New Cur 21: Depression of the Mean

It is no surprise that the Statistics strand of the new mathematics curriculum is thin. Still, it may be a surprise how thin it is.

The following, as near as we can tell, is the complete list of contents and elaborations that refer to “mean” or “median” or similar, and thus might (and still might not) require at least some mental or written computation. In other words, these are the only items we could find that seem to not simply be a matter of tabulating or “exploring” or “investigating” or “analysing”, the only items that consist of anything more than sitting around and chatting about stuff.

Year 7

acquire data sets for discrete and continuous numerical variables and calculate the range, median, mean and mode; make and justify decisions about which measures of central tendency provide useful insights into the nature of the distribution of data (AC9M7ST01)
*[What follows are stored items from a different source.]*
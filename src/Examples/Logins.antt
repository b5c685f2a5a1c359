-- ===== src/Examples/Logins.antt =====
-- Sign-ins: at GitHub, which asks to slow down once and then gives a token, and through the browser.
use claimward_vpn_client.Common.{
  ℕ, ◌+◌, ◌==◌, ◌≡◌, ◌↔◌, refl, String, List, [], ◌∷◌, some, pos, pos_part, is_blank, arith, suc,
  if◌then◌else◌,
}
use claimward_vpn_client.Errors.{Result, ok}
use claimward_vpn_client.Auth.{Token}
use claimward_vpn_client.Auth.GitHub
use claimward_vpn_client.Auth.GitHub.{
  GitHubProvider, DeviceCode, TokenAnswer, Wake, cancelled, woke, Github, prompt_of,
}
use claimward_vpn_client.Auth.GitHub.Polling.{Timely, login_ends}
use claimward_vpn_client.Auth.Oidc
use claimward_vpn_client.Auth.Oidc.{Tokens, OauthToken, OauthConfig, Query, Event, tokens_of}
use claimward_vpn_client.Auth.Oidc.Callback.{Signed, login_iff}

abbrev pub device_code : DeviceCode
device_code = record {
  device_code = "device";
  user_code = "ABCD-1234";
  verification_uri = "https://github.com/login/device";
  expires_in = pos 900;
  interval = pos 5;
  error = "";
  description = "";
}

-- The first answer asks to slow down, and the second has the token.
abbrev answer : String → TokenAnswer
answer body =
    if is_blank body
    then record { access_token = ""; error = "slow_down"; description = "" }
    else record { access_token = body; error = ""; description = "" }

abbrev pub github : Github
github = record {
  now = 1000000000;
  wait = λ k t d. woke (t + pos_part d);
  check_url = λ u. ok tt;
  encode = λ fields. "form";
  post = λ n url body. ok (if n == 2 then "gho" else "");
  decode_device = λ body. ok device_code;
  decode_token = λ body. ok (answer body);
}

abbrev provider : GitHubProvider
provider = record { client_id = "app"; base_url = "https://github.com"; scopes = "read:user" ∷ [] }

woke_lem : {a b : ℕ} → woke a ≡ woke b → a ≡ b
woke_lem e = cc

timely : Timely github
timely k t d u h = let e : t + pos_part d ≡ u = woke_lem h in omega (arith, e)

asked : GitHub.ask_device github provider ≡ ok device_code
unfolding GitHub.ask_device GitHub.form
asked = refl

login_ends_example :
    (r : Result Token) × ((GitHub.login github provider (suc 900)).outcome ≡ some r)
login_ends_example =
    login_ends github provider device_code 900 timely asked refl (omega arith) (omega arith)

abbrev gho : Token
gho = record { value = "gho"; kind = "access_token"; expiry = 0; refresh = "" }

granted : (GitHub.login github provider 3).outcome ≡ some (ok gho)
unfolding GitHub.login GitHub.poll GitHub.round GitHub.ask_device GitHub.ask_token GitHub.form
granted = refl

-- A provider that takes the code "c", for a login whose state is "state".
abbrev pub idp : Oidc.Idp
idp = record {
  discover = λ issuer. ok "endpoint";
  listen = λ addr. ok "127.0.0.1:4321";
  random = λ n. n ∷ [];
  base64_url = λ bytes. "state";
  verifier = "verifier";
  auth_code_url = λ cfg state verifier. "https://idp.example/auth";
  exchange = λ cfg auth_code verifier. ok (record {
    access_token = "access";
    refresh_token = "refresh";
    expiry = 5000000000;
    id_token = some "id";
  });
}

abbrev tokens : Tokens
tokens = record {
  id_token = "id";
  access_token = "access";
  refresh_token = "refresh";
  expiry = 5000000000;
}

abbrev events : List Event
events =
    Event.elsewhere "/favicon.ico"
    ∷ Event.callback (record { error = ""; state = "forged"; auth_code = "c" })
    ∷ []

login_iff_example :
    ((Oidc.login idp (Oidc.provider_config "https://idp.example" "app") events).outcome
      ≡ some (ok tokens))
    ↔ ((tok : OauthToken) × Signed idp (Oidc.provider_config "https://idp.example" "app") events tok
        × (tokens ≡ tokens_of tok))
login_iff_example = login_iff idp (Oidc.provider_config "https://idp.example" "app") events tokens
understanding that summarising data by calculating measures of centre can help make sense of the data, commenting on skewness or symmetry of data and the use of mean and median as representative measures (AC9M7ST01)

comparing the mean, median, mode and range of displays of data from a given context, and explaining how outliers may affect summary statistics (AC9M7ST01)
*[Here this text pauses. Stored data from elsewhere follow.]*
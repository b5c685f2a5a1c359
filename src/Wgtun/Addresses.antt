-- ===== src/Wgtun/Addresses.antt =====
-- What pkg/wgtun uses of Go's `net/netip`: addresses and prefixes as numbers, and their order. Only
-- their text is a parameter (`Syntax`).
use claimward_vpn_client.Common.{
  ℕ, ◌-◌, ◌*◌, ◌/◌, ◌%◌, ◌^◌, ◌==◌, ltb, String, Bool, true, false, ◌&&◌, ◌≡◌, ◌⊎◌, inl, inr, arith,
  if◌then◌else◌,
}
use claimward_vpn_client.Errors.{Result}

-- `netip.Addr`, of 32 or 128 bits.
pub data Addr : Type 0 where
  v4 : ℕ → Addr
  v6 : ℕ → Addr

-- `netip.Prefix`, which has no zone.
pub record Prefix : Type 0 where
  pub addr : Addr
  pub bits : ℕ

-- An address with its IPv6 zone, which a resolver's may have.
pub record Zoned : Type 0 where
  pub addr : Addr
  pub zone : String

-- `ParsePrefix` and `ParseAddr`.
pub record Syntax : Type 0 where
  pub parse_prefix : String → Result Prefix
  pub parse_addr : String → Result Zoned

abbrev pub is4 : Addr → Bool
is4 (v4 n) = true
is4 (v6 n) = false

-- `Is4In6`: the upper 96 bits are those of an IPv4-mapped address.
abbrev pub is_4in6 : Addr → Bool
is_4in6 (v4 n) = false
is_4in6 (v6 n) = n / 2 ^ 32 == 0xffff

abbrev pub unmap : Addr → Addr
unmap (v4 n) = v4 n
unmap (v6 n) = if n / 2 ^ 32 == 0xffff then v4 (n % 2 ^ 32) else v6 n

abbrev pub unmap_zoned : Zoned → Zoned
unmap_zoned a = if is_4in6 a.addr then record { addr = unmap a.addr; zone = "" } else a

-- The first `bits` bits of a number of `width`, and zeros.
abbrev pub top_bits : ℕ → ℕ → ℕ → ℕ
top_bits width bits n = n / 2 ^ (width - bits) * 2 ^ (width - bits)

abbrev masked_addr : ℕ → Addr → Addr
masked_addr bits (v4 n) = v4 (top_bits 32 bits n)
masked_addr bits (v6 n) = v6 (top_bits 128 bits n)

-- `Masked`.
unfoldable pub masked : Prefix → Prefix
masked r = record r { addr = masked_addr r.bits r.addr }

abbrev pub addr_eq : Addr → Addr → Bool
addr_eq (v4 m) (v4 n) = m == n
addr_eq (v4 m) (v6 n) = false
addr_eq (v6 m) (v4 n) = false
addr_eq (v6 m) (v6 n) = m == n

-- `Compare`, below 0: the shorter address first.
abbrev pub addr_lt : Addr → Addr → Bool
addr_lt (v4 m) (v4 n) = ltb m n
addr_lt (v4 m) (v6 n) = true
addr_lt (v6 m) (v4 n) = false
addr_lt (v6 m) (v6 n) = ltb m n

abbrev pub prefix_eq : Prefix → Prefix → Bool
prefix_eq r s = addr_eq r.addr s.addr && r.bits == s.bits

-- The order of `sortPrefixes`.
unfoldable pub prefix_lt : Prefix → Prefix → Bool
prefix_lt r s = if addr_eq r.addr s.addr then ltb r.bits s.bits else addr_lt r.addr s.addr

addr_eq_lem : (a b : Addr) → addr_eq a b ≡ true → a ≡ b
addr_eq_lem (v4 m) (v4 n) h = ground arith
addr_eq_lem (v4 m) (v6 n) h = cc
addr_eq_lem (v6 m) (v4 n) h = cc
addr_eq_lem (v6 m) (v6 n) h = ground arith

pub prefix_eq_lem : (r s : Prefix) → prefix_eq r s ≡ true → r ≡ s
prefix_eq_lem r s h = ground (arith, addr_eq_lem r.addr s.addr)

pub prefix_eq_self : (r : Prefix) → prefix_eq r r ≡ true
prefix_eq_self r = self r.addr
  where
    self : (a : Addr) → (addr_eq a a && r.bits == r.bits) ≡ true
    self (v4 n) = ground arith
    self (v6 n) = ground arith

-- A prefix that is not after another, and not the same, is before it.
prefix_lt_total_at :
    (a b : Addr) (m n : ℕ)
    → (if addr_eq b a then ltb n m else addr_lt b a) ≡ false
    → ((addr_eq a b && m == n) ≡ true) ⊎ ((if addr_eq a b then ltb m n else addr_lt a b) ≡ true)
prefix_lt_total_at (v4 x) (v4 y) m n h = ground arith
prefix_lt_total_at (v4 x) (v6 y) m n h = ground arith
prefix_lt_total_at (v6 x) (v4 y) m n h = ground arith
prefix_lt_total_at (v6 x) (v6 y) m n h = ground arith

pub prefix_lt_total : (r s : Prefix) → prefix_lt s r ≡ false → (r ≡ s) ⊎ (prefix_lt r s ≡ true)
unfolding prefix_lt
prefix_lt_total r s h = elim (prefix_lt_total_at r.addr s.addr r.bits s.bits h) [
  | inl e ↦ inl (prefix_eq_lem r s e)
  | inr l ↦ inr l
]

prefix_lt_trans_at :
    (a b c : Addr) (l m n : ℕ)
    → (if addr_eq a b then ltb l m else addr_lt a b) ≡ true
    → (if addr_eq b c then ltb m n else addr_lt b c) ≡ true
    → (if addr_eq a c then ltb l n else addr_lt a c) ≡ true
prefix_lt_trans_at (v4 x) (v4 y) (v4 z) l m n h k = ground arith
prefix_lt_trans_at (v4 x) (v4 y) (v6 z) l m n h k = ground arith
prefix_lt_trans_at (v4 x) (v6 y) (v4 z) l m n h k = ground arith
prefix_lt_trans_at (v4 x) (v6 y) (v6 z) l m n h k = ground arith
prefix_lt_trans_at (v6 x) (v4 y) c l m n h k = ground arith
prefix_lt_trans_at (v6 x) (v6 y) (v4 z) l m n h k = ground arith
prefix_lt_trans_at (v6 x) (v6 y) (v6 z) l m n h k = ground arith

pub prefix_lt_trans :
    (r s t : Prefix) → prefix_lt r s ≡ true → prefix_lt s t ≡ true → prefix_lt r t ≡ true
unfolding prefix_lt
prefix_lt_trans r s t = prefix_lt_trans_at r.addr s.addr t.addr r.bits s.bits t.bits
create different types of numerical data displays including stem-and-leaf plots using software where appropriate; describe and compare the distribution of data, commenting on the shape, centre and spread including outliers and determining the range, median, mean and mode (AC9M7ST02)

comparing variation in attributes by category using split stem-and-leaf plots or dot plots; interpreting the shape of the distribution using qualitative terms to describe symmetry or skewness, “average” in terms of the mean, median and mode, and the amount of variation based on qualitative descriptions of the spread of the data (AC9M7ST02)
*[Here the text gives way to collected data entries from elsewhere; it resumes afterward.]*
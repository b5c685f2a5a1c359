-- ===== src/Wgtun/Plan.antt =====
-- `planNetwork`, `parseRoute` and `sortPrefixes` of pkg/wgtun/netplan.go.
pub mod Sorting
pub mod Routed
pub mod Resolvers
use claimward_vpn_client.Common.{
  ℕ, ◌-◌, ◌==◌, ltb, ◌+++◌, String, List, [], ◌∷◌, ◌++◌, Option, none, some, Bool, true, false,
  ◌||◌, quote, ℤ, if◌then◌else◌,
}
use claimward_vpn_client.Errors.{Error, Result, ok, err, wrap, ◌>>=◌}
use claimward_vpn_client.Wire.{TunnelConfig}
use claimward_vpn_client.Wgtun.Addresses.{
  Addr, Prefix, Zoned, Syntax, is4, is_4in6, unmap, unmap_zoned, masked, prefix_eq, prefix_lt,
}

-- `netPlan`.
pub record NetPlan : Type 0 where
  pub address : Prefix
  pub routes4 : List Prefix
  pub routes6 : List Prefix
  pub dns4 : List Zoned
  pub dns6 : List Zoned
  pub default4 : Bool
  pub default6 : Bool
  pub mtu : ℤ

-- What the loop over the routes keeps.
pub record Routing : Type 0 where
  pub seen : List Prefix
  pub four : List Prefix
  pub six : List Prefix
  pub default4 : Bool
  pub default6 : Bool

abbrev pub no_routes : Routing
no_routes = record { seen = []; four = []; six = []; default4 = false; default6 = false }

-- An IPv4-mapped prefix as the IPv4 one it maps; one that is shorter than the mapping is none.
abbrev pub unmapped : Prefix → Option Prefix
unmapped r =
    if is_4in6 r.addr
    then if ltb r.bits 96 then none else some (record { addr = unmap r.addr; bits = r.bits - 96 })
    else some r

abbrev pub then_masked : Option Prefix → Option Prefix
then_masked none = none
then_masked (some r) = some (masked r)

abbrev pub parsed_route : Result Prefix → Option Prefix
parsed_route (err e) = none
parsed_route (ok r) = then_masked (unmapped r)

-- `parseRoute`.
unfoldable pub parse_route : Syntax → String → Option Prefix
parse_route syn s = parsed_route (syn.parse_prefix s)

unfoldable pub is_seen : Prefix → List Prefix → Bool
is_seen r [] = false
is_seen r (q ∷ qs) = prefix_eq r q || is_seen r qs

abbrev pub appended : Routing → Prefix → Routing
appended q r =
    if is4 r.addr
    then record q {
      seen = r ∷ q.seen;
      four = q.four ++ r ∷ [];
      default4 = q.default4 || r.bits == 0;
    }
    else record q { seen = r ∷ q.seen; six = q.six ++ r ∷ []; default6 = q.default6 || r.bits == 0 }

abbrev pub routed : Routing → Option Prefix → Routing
unfolding is_seen
routed q none = q
routed q (some r) = if is_seen r q.seen then q else appended q r

unfoldable pub add_routes : Syntax → Routing → List String → Routing
unfolding is_seen
add_routes syn q [] = q
add_routes syn q (s ∷ ss) = add_routes syn (routed q (parse_route syn s)) ss

unfoldable pub insert : Prefix → List Prefix → List Prefix
insert r [] = r ∷ []
insert r (q ∷ qs) = if prefix_lt q r then q ∷ insert r qs else r ∷ q ∷ qs

-- `sortPrefixes`; which sort `sort.Slice` is makes no difference, since no prefix comes twice.
unfoldable pub sort_prefixes : List Prefix → List Prefix
unfolding insert
sort_prefixes [] = []
sort_prefixes (r ∷ rs) = insert r (sort_prefixes rs)

abbrev pub resolver_added : NetPlan → Zoned → NetPlan
resolver_added p a =
    if is4 a.addr
    then record p { dns4 = p.dns4 ++ a ∷ [] }
    else record p { dns6 = p.dns6 ++ a ∷ [] }

-- The resolvers, in order; the first that is malformed is an error.
unfoldable pub add_resolvers : Syntax → NetPlan → List String → Result NetPlan
add_resolvers syn p [] = ok p
add_resolvers syn p (s ∷ ss) = do
  a ← wrap ("parse DNS server " +++ quote s) (syn.parse_addr s)
  add_resolvers syn (resolver_added p (unmap_zoned a)) ss

abbrev pub routing_plan : TunnelConfig → Prefix → Routing → NetPlan
routing_plan cfg addr q = record {
  address = addr;
  routes4 = sort_prefixes q.four;
  routes6 = sort_prefixes q.six;
  dns4 = [];
  dns6 = [];
  default4 = q.default4;
  default6 = q.default6;
  mtu = cfg.mtu;
}

-- `planNetwork`.
unfoldable pub plan_network : Syntax → TunnelConfig → Result NetPlan
plan_network syn cfg = do
  addr ← wrap ("parse address " +++ quote cfg.address) (syn.parse_prefix cfg.address)
  add_resolvers syn (routing_plan cfg addr (add_routes syn no_routes cfg.allowed_ips)) cfg.dns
connecting features of the data display; for example, highest frequency, clusters, gaps, symmetry or skewness, to the mode, range and median, and the question in context; describing the shape of distributions using terms such as “positive skew”, “negative skew”, “symmetric” and “bi-modal” and discussing the location of the median and mean on these distributions (AC9M7ST02)

using mean and median to compare data sets, identifying possible outliers and explaining how these may affect the comparison; recognising how different displays make specific information about data more evident, including proportions, and measures of mean, mode or median, spread and extreme values; understanding that the median and the mean will be the same or similar for symmetric distributions but different for distributions that are skewed (AC9M7ST02)

comparing the mean and median of data with and without extremes; for example, estimation of standard measures for length or mass, informally considering for a given set of data what might constitute an unexpected, unusual or extreme data value (AC9M7ST02)

Year 8

using digital tools to simulate repeated sampling of the same population, such as heights or arm spans of students, recording and comparing means, median and range of data between samples (AC9M8ST03)

Year 9

analyse reports of surveys in digital media and elsewhere for information on how data was obtained to estimate population means and medians (AC9M9ST01)

comparing data displays using mean, median and range to describe and interpret numerical data sets in terms of centre and spread using histograms, dot plots, or stem-and-leaf plots (AC9M9ST04)

Year 10

finding the five-number summary (minimum and maximum values, median, and upper and lower quartiles) and using its graphical representation, the box plot, as tools for both numerically and visually comparing the centre and spread of data sets (AC9M10ST02)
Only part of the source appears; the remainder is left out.